Here is the mathematically proven Knuth shuffle method.

function shuffle(array) {
    var tmp, current, top = array.length;
    if(top) while(--top) {
        current = Math.floor(Math.random() * (top + 1));
        tmp = array[current];
        array[current] = array[top];
        array[top] = tmp;
    }
    return array;
}

This gives us the following distribution map

[
  '1.00', '1.01', '1.03', '0.97', '1.01', '0.95',
  '0.96', '0.98', '0.99', '0.99', '0.95', '1.04',
  '1.03', '1.03', '0.93', '0.99', '0.96', '0.98',
  '0.98', '0.99', '1.04', '1.03', '0.95', '1.03',
  '0.97', '0.98', '1.03', '0.95', '0.98', '1.00',
  '1.00', '1.02', '1.02', '0.98', '0.99', '1.01',
  '1.04', '0.99', '1.02', '1.02', '1.02', '1.02',
  '1.00', '0.97', '1.00', '1.00', '0.95', '1.02',
  '0.99', '0.98', '0.96', '0.97', '1.02', '1.03',
  '1.00', '1.00', '1.03', '1.01', '1.02', '1.04',
  '0.98', '1.00', '0.96', '1.04', '0.97', '0.96',
  '1.04', '1.04', '0.98', '1.05', '1.00', '1.00',
  '1.00', '1.05', '1.01', '1.01', '0.99', '0.98',
  '1.01', '1.02', '0.98', '0.96', '1.02', '1.02',
  '0.97', '1.04', '1.00', '1.02', '1.01', '1.00',
  '1.05', '1.00', '1.06', '1.02', '0.92', '1.01',
  '1.04', '0.93', '0.98', '1.01'
]

If we only look at the distribution of one number, the method of random quicksort-ing seems to work in terms of fairness. In a future blog post, I will do a more rigorous measurement of the distribution.

I am quite happy at stage to see that my idea is working to a certain degree.

My Second Approach

Rolling back to the interview, after my forbidden spell got, well, forbidden, I switched to another method. This one is intuitive. We pick an random element from the array, remove it and push it to a new array.

const randomArrBySplicePush = () => {
    let arr = new Array(100);
    arr = [...arr.keys()]
    const result = [];
    for (let i = 100; i > 0; i--) {
        const idx = Math.floor(Math.random() * i);
        const [selected] = arr.splice(idx, 1);
        result.push(selected);
    }
    return result;
};

This is also very simple, but no where near the Knuth method. The performance bottleneck comes from the splice operation. Since you might need to shift the entire array, this is a O(n2)O(n^2) function.

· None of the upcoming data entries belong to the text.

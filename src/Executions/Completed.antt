-- ===== src/Executions/Completed.antt =====
-- An execution ends once: `complete_execution` of apps/api/apps/executions/services.py.
use Prim.Native.Nat.{ℕ}
use Prim.Native.String.{String}
use mathlib.Core.Path.{◌≡◌, refl, ◌∙◌}
use mathlib.Core.Bool.{true}
use mathlib.Core.Option.{Option, none, some}
use mathlib.Core.Logic.{inl, inr}
use native.Mathlib.Omega.{arith}
use runbook_platform.Prelude.Tests.{Option-cases, nat_eq, eq_refl}
use runbook_platform.Prelude.Tables.{find_row, find_row_key, find_row-update_row}
use runbook_platform.Prelude.Effects.{
  Result, ok, err, Error, ◌>>◌, raise_if, commit_or_rollback, continue,
}
use runbook_platform.Store.{World}
use runbook_platform.Executions.Model.{Execution, execution_row, ExecutionStatus, status_value}
use runbook_platform.Executions.Steps.{check_ownership}
use runbook_platform.Executions.Once.{IsOwner, check_ownership-IsOwner}
use runbook_platform.Executions.Completion.{
  is_outcome, is_underway, write_finished, save_completion, close_lease, announce_end, locked,
  check_completion, finish_locked, settle_completion, complete_execution, after_hook,
  completion_event_type,
}
use runbook_platform.Executions.Outcomes.{id-write_finished}
use runbook_platform.Executions.Endings.{world-after_hook}
use runbook_platform.Runners.Model.{LeaseStatus}
use runbook_platform.Changes.Frame.{SameExecutions-refl, Frames-handle_bound, Frames-assert_ready}
use runbook_platform.Changes.Completion.{
  SameExecutions, ChangeGuards, assert_execution_change_binding_ready,
  handle_bound_execution_completed,
}

module _ (guards : ChangeGuards) (id : ℕ) (runner_id claim_token : String)
    (outcome : ExecutionStatus) (now : ℕ) where
  -- The end that a completion writes to the execution that it found in `w`.
  pub record Completed (e : Execution) (v w : World) : Type 0 where
    pub before : Execution
    pub found : find_row id w.executions ≡ some before
    pub owner : IsOwner before runner_id claim_token
    pub underway : is_underway before.status ≡ true
    pub outcome_valid : is_outcome outcome ≡ true
    pub result : e ≡ write_finished outcome now before
    pub stored : find_row id v.executions ≡ some e

  checked :
      (e : Execution)
      → check_completion e runner_id claim_token outcome ≡ none
      → (check_ownership e runner_id claim_token ≡ none)
        × (is_underway e.status ≡ true)
        × (is_outcome outcome ≡ true)
  unfolding check_completion
  checked e h = ground arith

  saved :
      (e : Execution) (v w : World)
      → SameExecutions v w
      → find_row id w.executions ≡ some e
      → find_row id (save_completion e runner_id outcome now v).executions
        ≡ some (write_finished outcome now e)
  unfolding save_completion
  saved e v w same at =
      rw
        (
          same.executions,
          find_row-update_row id e.id (write_finished outcome now) w.executions
              (id-write_finished outcome now),
          at,
          find_row_key id w.executions e at,
          eq_refl id,
        )
        refl

  abbrev Ended : World → Result Execution × World → Type 0
  Ended w (ok e, v) = Completed e v w
  Ended w (err error, v) = SameExecutions v w

  save_after-Ended :
      (e : Execution) (r : Result (Unit {0})) (v w : World)
      → SameExecutions v w
      → find_row id w.executions ≡ some e
      → check_completion e runner_id claim_token outcome ≡ none
      → Ended w (
          continue r
            (λ _ (u : World).
              (ok (write_finished outcome now e), save_completion e runner_id outcome now u))
            v)
  save_after-Ended e (err error) v w same at h = same
  save_after-Ended e (ok x) v w same at h =
      let (owned, open_yet, valid) = checked e h in
      record {
        before = e;
        found = at;
        owner = check_ownership-IsOwner e runner_id claim_token owned;
        underway = open_yet;
        outcome_valid = valid;
        result = refl;
        stored = saved e v w same at;
      }

  found-Ended :
      (e : Execution) (o : Option Error) (w : World)
      → check_completion e runner_id claim_token outcome ≡ o
      → find_row id w.executions ≡ some e
      → Ended w (
          (do
            raise_if o
            assert_execution_change_binding_ready guards e runner_id claim_token now
            λ (u : World).
                (ok (write_finished outcome now e), save_completion e runner_id outcome now u))
            w)
  found-Ended e (some error) w h at = SameExecutions-refl w
  found-Ended e none w h at =
      let m = assert_execution_change_binding_ready guards e runner_id claim_token now in
      save_after-Ended e (m w).0 (m w).1 w
        ((Frames-assert_ready guards e runner_id claim_token now).frame w) at h

  locked-Ended :
      (o : Option Execution) (w : World)
      → find_row id w.executions ≡ o
      → Ended w (finish_locked guards id runner_id claim_token outcome now w)
  unfolding finish_locked locked
  locked-Ended none w at = rw (at, finish_locked, locked) (SameExecutions-refl w)
  locked-Ended (some e) w at = rw (at, finish_locked, locked) (found-Ended e _ w refl at)

  same_settled :
      (e : Execution) (w : World)
      → (settle_completion guards outcome now e w).1.executions ≡ w.executions
  unfolding settle_completion close_lease announce_end
  same_settled e w =
      let before =
        close_lease e.id LeaseStatus.released (status_value outcome) now
          (announce_end (completion_event_type outcome) e w) in
      let hook = handle_bound_execution_completed guards e now before in
      rw (world-after_hook e hook.0 hook.1)
        ((Frames-handle_bound guards e now).frame before).executions

  result-after_hook :
      (e f : Execution) (r : Result (Unit {0})) (w : World) → (after_hook e r w).0 ≡ ok f → f ≡ e
  unfolding after_hook
  result-after_hook e f (ok x) w h = cc
  result-after_hook e f (err error) w h = ground arith

  result-settle :
      (e f : Execution) (w : World) → (settle_completion guards outcome now e w).0 ≡ ok f → f ≡ e
  unfolding settle_completion
  result-settle e f w h = result-after_hook e f _ _ h

  settled-Completed :
      (r : Result Execution) (u w : World) (f : Execution)
      → Ended w (r, u)
      → (let (r', u') = commit_or_rollback w r u in
          continue r' (settle_completion guards outcome now) u').0
        ≡ ok f
      → Completed f
          (let (r', u') = commit_or_rollback w r u in
            continue r' (settle_completion guards outcome now) u').1
          w
  settled-Completed (err error) u w f ended h = absurd (ground arith)
  settled-Completed (ok e) u w f ended h =
      let same = result-settle e f u h in
      record {
        before = ended.before;
        found = ended.found;
        owner = ended.owner;
        underway = ended.underway;
        outcome_valid = ended.outcome_valid;
        result = same ∙ ended.result;
        stored = rw (same_settled e u, same) ended.stored;
      }

  -- A completion that returns was asked for by the runner that holds the claim, on an execution
  -- that was claimed or running, with succeeded, failed or cancelled as the outcome, and this
  -- outcome is what the row then holds.
  pub complete_execution-Completed :
      (w : World) (f : Execution)
      → (complete_execution guards id runner_id claim_token outcome now w).0 ≡ ok f
      → Completed f (complete_execution guards id runner_id claim_token outcome now w).1 w
  unfolding complete_execution
  complete_execution-Completed w f h =
      let m = finish_locked guards id runner_id claim_token outcome now w in
      settled-Completed m.0 m.1 w f (locked-Ended (find_row id w.executions) w refl) h

pub is_outcome_finished :
    (o : ExecutionStatus) (now : ℕ) (e : Execution)
    → is_outcome o ≡ true
    → is_outcome (write_finished o now e).status ≡ true
unfolding write_finished
is_outcome_finished o now e h = h

module _ (guards : ChangeGuards) (id : ℕ) where
  refuses_ended :
      (runner_id claim_token : String) (outcome : ExecutionStatus) (e : Execution)
      → is_outcome e.status ≡ true
      → (error : Error) × (check_completion e runner_id claim_token outcome ≡ some error)
  unfolding check_completion
  refuses_ended runner_id claim_token outcome e done =
      elim (Option-cases (check_completion e runner_id claim_token outcome)) [
        | inl passed ↦
            absurd (ground (arith, checked guards id runner_id claim_token outcome 0 e passed))
        | inr refused ↦ refused
      ]

  pub complete-ended :
      (runner_id claim_token : String) (outcome : ExecutionStatus) (now : ℕ) (e : Execution)
      → (w : World) → find_row id w.executions ≡ some e
      → is_outcome e.status ≡ true
      → (error : Error) × (complete_execution guards id runner_id claim_token outcome now w
          ≡ (err error, w))
  unfolding complete_execution finish_locked locked
  complete-ended runner_id claim_token outcome now e w at done =
      let (error, refused) = refuses_ended runner_id claim_token outcome e done in
      (error, rw (at, refused, complete_execution, finish_locked, locked) refl)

We will be going into measuring performance as well, in another blog post.

Conclusion

V8 uses Tim sort. But if it were to use quicksort, my approach might still work. Some good progress has been made. We will take a deep dive into measuring the distribution and therefore my algorithm’s correctness in Part 2.